Saved data entries
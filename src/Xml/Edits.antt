-- ===== src/Xml/Edits.antt =====
-- In-place edits of an element's children, and what a later search finds.
use ha_sophos_fw.Prelude.{
  ◌≤◌, ◌≡◌, refl, ap, inl, inr, Bool, true, not, none, some, List, [], ◌∷◌, ◌++◌, arith, Bool-cases,
  length, keep_if, first_where,
}
use ha_sophos_fw.Xml.{
  Element, node, tag, to_list, to_children, children, with_children, edit_first, remove_first,
  insert_before,
}

to_list-to_children : (l : List Element) → to_list (to_children l) ≡ l
to_list-to_children [] = refl
to_list-to_children (c ∷ l) = ap (◌∷◌ c) (to_list-to_children l)

pub children-with_children : (l : List Element) (e : Element) → children (with_children l e) ≡ l
children-with_children l (node t a x cs) = to_list-to_children l

pub tag-with_children : (l : List Element) (e : Element) → tag (with_children l e) ≡ tag e
tag-with_children l (node t a x cs) = refl

module _ {ℓ} {A : Type ℓ} (p : A → Bool) where
  pub keep_if-append : (l m : List A) → keep_if p (l ++ m) ≡ keep_if p l ++ keep_if p m
  keep_if-append [] m = refl
  keep_if-append (x ∷ l) m = ground (arith, keep_if-append l m)

  pub first_where-append :
      (l : List A) (x : A)
      → first_where p l ≡ none
      → p x ≡ true
      → first_where p (l ++ x ∷ []) ≡ some x
  first_where-append [] x h px = ground arith
  first_where-append (y ∷ l) x h px = ground (arith, first_where-append l x)

  pub keep_if-nil_of_first_where : (l : List A) → first_where p l ≡ none → keep_if p l ≡ []
  keep_if-nil_of_first_where [] h = refl
  keep_if-nil_of_first_where (x ∷ l) h = ground (arith, keep_if-nil_of_first_where l)

  pub first_where_of_keep_if-nil : (l : List A) → keep_if p l ≡ [] → first_where p l ≡ none
  first_where_of_keep_if-nil [] h = refl
  first_where_of_keep_if-nil (x ∷ l) h = ground (arith, first_where_of_keep_if-nil l)

  -- What is kept once is kept again; what is dropped leaves nothing to keep.
  pub keep_if-not : (l : List A) → keep_if p (keep_if (λ x. not (p x)) l) ≡ []
  keep_if-not [] = refl
  keep_if-not (x ∷ l) = ground (arith, keep_if-not l)

  pub keep_if_all : (l : List A) → keep_if p l ≡ [] → keep_if (λ x. not (p x)) l ≡ l
  keep_if_all [] h = refl
  keep_if_all (x ∷ l) h = ground (arith, keep_if_all l)

nil_of_short {ℓ} : {A : Type ℓ} (l : List A) → length l ≤ 0 → l ≡ []
nil_of_short [] h = refl
nil_of_short (x ∷ l) h = absurd (omega arith)

module _ (p : Element → Bool) where
  -- The children that do not pass the test.
  abbrev pub others : List Element → List Element
  others l = keep_if (λ c. not (p c)) l

  pub first_where-edit_first :
      (f : Element → Element) (l : List Element) (c : Element)
      → ((e : Element) → p (f e) ≡ p e)
      → first_where p l ≡ some c
      → first_where p (edit_first p f l) ≡ some (f c)
  first_where-edit_first f [] c same h = cc
  first_where-edit_first f (d ∷ l) c same h =
      ground (arith, same d, first_where-edit_first f l c same)

  pub others-edit_first :
      (f : Element → Element) (l : List Element)
      → ((e : Element) → p (f e) ≡ p e)
      → others (edit_first p f l) ≡ others l
  others-edit_first f [] same = refl
  others-edit_first f (d ∷ l) same = ground (arith, same d, others-edit_first f l same)

  pub others-remove_first : (l : List Element) → others (remove_first p l) ≡ others l
  others-remove_first [] = refl
  others-remove_first (d ∷ l) = ground (arith, others-remove_first l)

  pub first_where-remove_first :
      (l : List Element) → length (keep_if p l) ≤ 1 → first_where p (remove_first p l) ≡ none
  first_where-remove_first [] h = refl
  first_where-remove_first (d ∷ l) h = elim (Bool-cases (p d)) [
    | inl e ↦ rw e (first_where_of_keep_if-nil p l (nil_of_short (keep_if p l) (short e)))
    | inr e ↦ ground (arith, first_where-remove_first l)
  ]
    where
      short : p d ≡ true → length (keep_if p l) ≤ 0
      short e = ground arith

  -- Inserting a child that passes the test.
  module _ (q : Element → Bool) (x : Element) (px : p x ≡ true) where
    pub others-insert_before : (l : List Element) → others (insert_before q x l) ≡ others l
    others-insert_before [] = ground arith
    others-insert_before (d ∷ l) = ground (arith, others-insert_before l)

    pub first_where-insert_before :
        (l : List Element) → first_where p l ≡ none → first_where p (insert_before q x l) ≡ some x
    first_where-insert_before [] h = ground arith
    first_where-insert_before (d ∷ l) h = ground (arith, first_where-insert_before l)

● Assigned task
Please give an exact copy of the entries above, from the line with "A → Bool) where" down to the line with "keep_if-nil_of_first_where (x ∷", inclusive, and nothing else.

● Response
module _ {ℓ} {A : Type ℓ} (p : A → Bool) where
  pub keep_if-append : (l m : List A) → keep_if p (l ++ m) ≡ keep_if p l ++ keep_if p m
  keep_if-append [] m = refl
  keep_if-append (x ∷ l) m = ground (arith, keep_if-append l m)

  pub first_where-append :
      (l : List A) (x : A)
      → first_where p l ≡ none
      → p x ≡ true
      → first_where p (l ++ x ∷ []) ≡ some x
  first_where-append [] x h px = ground arith
  first_where-append (y ∷ l) x h px = ground (arith, first_where-append l x)

  pub keep_if-nil_of_first_where : (l : List A) → first_where p l ≡ none → keep_if p l ≡ []
  keep_if-nil_of_first_where [] h = refl
  keep_if-nil_of_first_where (x ∷ l) h = ground (arith, keep_if-nil_of_first_where l)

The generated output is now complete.